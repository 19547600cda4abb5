-- ===== src/Graph/Flow/Tests.antt =====
-- Runs of query_flow of app/engine/graph/query.py on a small snapshot.
use trace_x.Common.{
  ℕ, ◌≤◌, ◌≡◌, ◌↔◌, refl, Bool, true, false, Option, none, some, List, [], ◌∷◌, map,
}
use trace_x.Graph.Flow.Model.{
  NodeId, tx_id, output_id, address_id, NodeType, transaction, address_or_script, output, EdgeType,
  locked_to, spent_by, creates_output, Node, Link, Tables, dead_end_address, Counterparty,
  counterparty,
}
use trace_x.Graph.Flow.Query.{
  Flow, FlowReply, failed, shown, bad_limit, not_found, mark_address, query_flow,
}
use trace_x.Graph.Flow.Answered.{IsSummed, query_flow-IsSummed}
use trace_x.Graph.Flow.DeadEnds.{OnlyTouchedBy, mark_address-dead_end}

abbrev node : NodeId → NodeType → Option ℕ → Node
node id node_type amount = record { node_id = id; node_type = node_type; amount_sats = amount }

abbrev link : NodeId → EdgeType → NodeId → Option ℕ → Link
link from edge_type to amount = record {
  from_node = from;
  to_node = to;
  edge_type = edge_type;
  amount_sats = amount;
}

-- Transaction 1 pays two outputs to address 7 and one without an address; transaction 2 spends one.
abbrev tables : Tables
tables = record {
  nodes =
      node (tx_id 1) transaction none
      ∷ node (tx_id 2) transaction none
      ∷ node (output_id 1 0) output (some 50)
      ∷ node (output_id 1 1) output (some 20)
      ∷ node (output_id 1 2) output (some 5)
      ∷ node (output_id 2 0) output (some 45)
      ∷ node (address_id 7) address_or_script none
      ∷ node (address_id 8) address_or_script none
      ∷ [];
  edges =
      link (tx_id 1) creates_output (output_id 1 0) (some 50)
      ∷ link (tx_id 1) creates_output (output_id 1 1) (some 20)
      ∷ link (tx_id 1) creates_output (output_id 1 2) (some 5)
      ∷ link (output_id 1 0) locked_to (address_id 7) none
      ∷ link (output_id 1 1) locked_to (address_id 7) none
      ∷ link (output_id 1 0) spent_by (tx_id 2) none
      ∷ link (tx_id 2) creates_output (output_id 2 0) (some 45)
      ∷ link (output_id 2 0) locked_to (address_id 8) none
      ∷ [];
}

abbrev flow_shown : FlowReply → List (NodeId × Option ℕ × ℕ × Bool)
flow_shown (failed e) = []
flow_shown (shown f) =
    map (λ (c : Counterparty). (c.id, c.amount_sats, c.spent_count, c.selectable)) f.outputs

outputs_of_one :
    flow_shown (query_flow tables (tx_id 1 ∷ []) 40)
    ≡ (address_id 7, some 70, 1, true) ∷ (output_id 1 2, some 5, 0, false) ∷ []
unfolding query_flow
outputs_of_one = refl

outputs_of_two :
    flow_shown (query_flow tables (tx_id 2 ∷ []) 40) ≡ (address_id 8, some 45, 0, false) ∷ []
unfolding query_flow
outputs_of_two = refl

no_such_node : query_flow tables (tx_id 3 ∷ address_id 3 ∷ []) 40 ≡ failed not_found
unfolding query_flow
no_such_node = refl

limit_too_large : query_flow tables (tx_id 1 ∷ []) 201 ≡ failed bad_limit
unfolding query_flow
limit_too_large = refl

abbrev asked : Flow
asked = record {
  centre_id = tx_id 2;
  centre_type = transaction;
  resolved_from = none;
  has_flow = true;
  inputs =
      record (counterparty (address_id 7) address_or_script) {
        amount_sats = some 50;
        utxo_count = 1;
        spent_count = 1;
        via = tx_id 1 ∷ [];
        onward_count = 1;
      }
      ∷ [];
  outputs =
      record (counterparty (address_id 8) address_or_script) {
        amount_sats = some 45;
        utxo_count = 1;
        selectable = false;
        reason = some dead_end_address;
      }
      ∷ [];
  input_count = 1;
  output_count = 1;
  input_sats = some 50;
  output_sats = some 45;
  dead_end_inputs = 0;
  dead_end_outputs = 1;
  truncated_inputs = 0;
  truncated_outputs = 0;
}

asked_answer : query_flow tables (tx_id 2 ∷ []) 40 ≡ shown asked
unfolding query_flow
asked_answer = refl

query_flow-IsSummed_example : (40 ≤ 200) × IsSummed tables 40 asked
query_flow-IsSummed_example = query_flow-IsSummed tables (tx_id 2 ∷ []) 40 asked asked_answer

mark_address-dead_end_example :
    ((mark_address tables (tx_id 2) (counterparty (address_id 8) address_or_script)).selectable
      ≡ false)
    ↔ OnlyTouchedBy tables (tx_id 2) (address_id 8)
mark_address-dead_end_example =
    mark_address-dead_end tables (tx_id 2) (counterparty (address_id 8) address_or_script) refl refl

■ ■ ■ ■ ■

=== ASSIGNMENT ===
Find where the line with "no_such_node = refl" sits in the material above, then copy exactly from it through the line with "query_flow-IsSummed_example : (40". Add no other line.

=== FINISHED EXERCISE ===
no_such_node = refl

limit_too_large : query_flow tables (tx_id 1 ∷ []) 201 ≡ failed bad_limit
unfolding query_flow
limit_too_large = refl

abbrev asked : Flow
asked = record {
  centre_id = tx_id 2;
  centre_type = transaction;
  resolved_from = none;
  has_flow = true;
  inputs =
      record (counterparty (address_id 7) address_or_script) {
        amount_sats = some 50;
        utxo_count = 1;
        spent_count = 1;
        via = tx_id 1 ∷ [];
        onward_count = 1;
      }
      ∷ [];
  outputs =
      record (counterparty (address_id 8) address_or_script) {
        amount_sats = some 45;
        utxo_count = 1;
        selectable = false;
        reason = some dead_end_address;
      }
      ∷ [];
  input_count = 1;
  output_count = 1;
  input_sats = some 50;
  output_sats = some 45;
  dead_end_inputs = 0;
  dead_end_outputs = 1;
  truncated_inputs = 0;
  truncated_outputs = 0;
}

asked_answer : query_flow tables (tx_id 2 ∷ []) 40 ≡ shown asked
unfolding query_flow
asked_answer = refl

query_flow-IsSummed_example : (40 ≤ 200) × IsSummed tables 40 asked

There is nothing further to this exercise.